Saved data entries
========
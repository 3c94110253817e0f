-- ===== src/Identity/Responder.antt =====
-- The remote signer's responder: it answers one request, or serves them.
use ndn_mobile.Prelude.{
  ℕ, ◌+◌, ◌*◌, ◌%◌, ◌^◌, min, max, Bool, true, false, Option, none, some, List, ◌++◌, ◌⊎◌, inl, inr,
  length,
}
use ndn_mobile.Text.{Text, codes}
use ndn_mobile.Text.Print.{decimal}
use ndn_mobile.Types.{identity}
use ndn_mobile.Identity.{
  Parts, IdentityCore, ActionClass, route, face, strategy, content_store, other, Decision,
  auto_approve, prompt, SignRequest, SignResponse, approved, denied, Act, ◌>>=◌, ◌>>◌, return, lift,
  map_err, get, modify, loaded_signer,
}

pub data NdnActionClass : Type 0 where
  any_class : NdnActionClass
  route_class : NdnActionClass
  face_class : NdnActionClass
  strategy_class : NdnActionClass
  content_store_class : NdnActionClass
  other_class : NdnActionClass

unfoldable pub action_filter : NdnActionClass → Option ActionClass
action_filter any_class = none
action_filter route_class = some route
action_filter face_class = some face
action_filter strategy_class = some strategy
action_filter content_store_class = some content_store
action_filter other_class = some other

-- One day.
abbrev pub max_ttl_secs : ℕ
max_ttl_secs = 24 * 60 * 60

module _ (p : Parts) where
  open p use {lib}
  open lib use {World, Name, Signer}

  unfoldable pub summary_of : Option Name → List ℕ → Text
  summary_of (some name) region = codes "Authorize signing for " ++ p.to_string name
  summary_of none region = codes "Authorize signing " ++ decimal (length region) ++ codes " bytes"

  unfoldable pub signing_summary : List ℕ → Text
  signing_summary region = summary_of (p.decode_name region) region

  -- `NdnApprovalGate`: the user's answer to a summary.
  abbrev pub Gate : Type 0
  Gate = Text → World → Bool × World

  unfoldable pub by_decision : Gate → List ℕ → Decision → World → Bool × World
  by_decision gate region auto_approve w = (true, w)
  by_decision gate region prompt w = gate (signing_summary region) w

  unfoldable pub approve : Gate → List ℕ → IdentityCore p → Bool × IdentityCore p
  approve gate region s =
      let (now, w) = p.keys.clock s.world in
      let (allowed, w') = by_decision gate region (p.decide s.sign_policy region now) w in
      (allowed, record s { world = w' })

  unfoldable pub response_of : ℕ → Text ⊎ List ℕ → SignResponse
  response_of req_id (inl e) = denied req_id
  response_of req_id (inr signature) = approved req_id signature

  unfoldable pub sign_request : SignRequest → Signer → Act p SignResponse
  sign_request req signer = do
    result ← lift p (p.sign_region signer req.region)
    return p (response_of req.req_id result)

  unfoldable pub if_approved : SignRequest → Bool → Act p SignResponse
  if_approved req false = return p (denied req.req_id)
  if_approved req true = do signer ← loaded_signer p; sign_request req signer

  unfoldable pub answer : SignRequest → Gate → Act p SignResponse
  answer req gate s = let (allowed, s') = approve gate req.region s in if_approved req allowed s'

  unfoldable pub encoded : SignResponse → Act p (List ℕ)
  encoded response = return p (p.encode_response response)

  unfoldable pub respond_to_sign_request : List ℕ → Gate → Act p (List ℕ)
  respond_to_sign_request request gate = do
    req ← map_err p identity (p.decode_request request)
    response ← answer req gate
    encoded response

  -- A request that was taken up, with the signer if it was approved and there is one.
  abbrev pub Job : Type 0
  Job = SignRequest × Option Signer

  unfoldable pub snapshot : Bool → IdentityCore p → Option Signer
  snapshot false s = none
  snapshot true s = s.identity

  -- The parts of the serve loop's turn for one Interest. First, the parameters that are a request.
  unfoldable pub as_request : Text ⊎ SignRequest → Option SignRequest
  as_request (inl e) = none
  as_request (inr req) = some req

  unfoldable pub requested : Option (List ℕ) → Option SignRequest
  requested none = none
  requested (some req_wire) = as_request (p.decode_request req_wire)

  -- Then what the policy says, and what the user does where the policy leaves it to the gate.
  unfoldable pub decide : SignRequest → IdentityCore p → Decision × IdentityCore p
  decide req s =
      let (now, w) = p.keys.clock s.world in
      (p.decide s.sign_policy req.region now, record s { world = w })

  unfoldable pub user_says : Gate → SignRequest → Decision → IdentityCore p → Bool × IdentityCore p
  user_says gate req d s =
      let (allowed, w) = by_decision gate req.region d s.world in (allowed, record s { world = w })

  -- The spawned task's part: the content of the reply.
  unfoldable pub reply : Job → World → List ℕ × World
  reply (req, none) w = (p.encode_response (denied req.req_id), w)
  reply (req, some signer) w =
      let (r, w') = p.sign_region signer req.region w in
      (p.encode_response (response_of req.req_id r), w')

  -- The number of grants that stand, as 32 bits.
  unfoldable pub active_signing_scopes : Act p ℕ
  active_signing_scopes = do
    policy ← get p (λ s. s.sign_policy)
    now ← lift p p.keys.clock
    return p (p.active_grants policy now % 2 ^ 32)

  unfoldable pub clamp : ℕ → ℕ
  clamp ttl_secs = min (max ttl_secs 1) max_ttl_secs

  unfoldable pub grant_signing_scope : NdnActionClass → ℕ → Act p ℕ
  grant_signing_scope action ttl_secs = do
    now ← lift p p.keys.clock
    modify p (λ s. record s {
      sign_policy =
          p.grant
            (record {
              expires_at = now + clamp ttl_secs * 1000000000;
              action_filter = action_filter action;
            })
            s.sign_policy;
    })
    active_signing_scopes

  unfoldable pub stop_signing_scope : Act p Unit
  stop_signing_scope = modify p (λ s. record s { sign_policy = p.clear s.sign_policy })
========
- Work to complete: Search the entries for the string "SignRequest" and return each line where it turns up.

- Task response:
  auto_approve, prompt, SignRequest, SignResponse, approved, denied, Act, ◌>>=◌, ◌>>◌, return, lift,
  unfoldable pub sign_request : SignRequest → Signer → Act p SignResponse
  unfoldable pub if_approved : SignRequest → Bool → Act p SignResponse
  unfoldable pub answer : SignRequest → Gate → Act p SignResponse
  Job = SignRequest × Option Signer
  unfoldable pub as_request : Text ⊎ SignRequest → Option SignRequest
  unfoldable pub requested : Option (List ℕ) → Option SignRequest
  unfoldable pub decide : SignRequest → IdentityCore p → Decision × IdentityCore p
  unfoldable pub user_says : Gate → SignRequest → Decision → IdentityCore p → Bool × IdentityCore p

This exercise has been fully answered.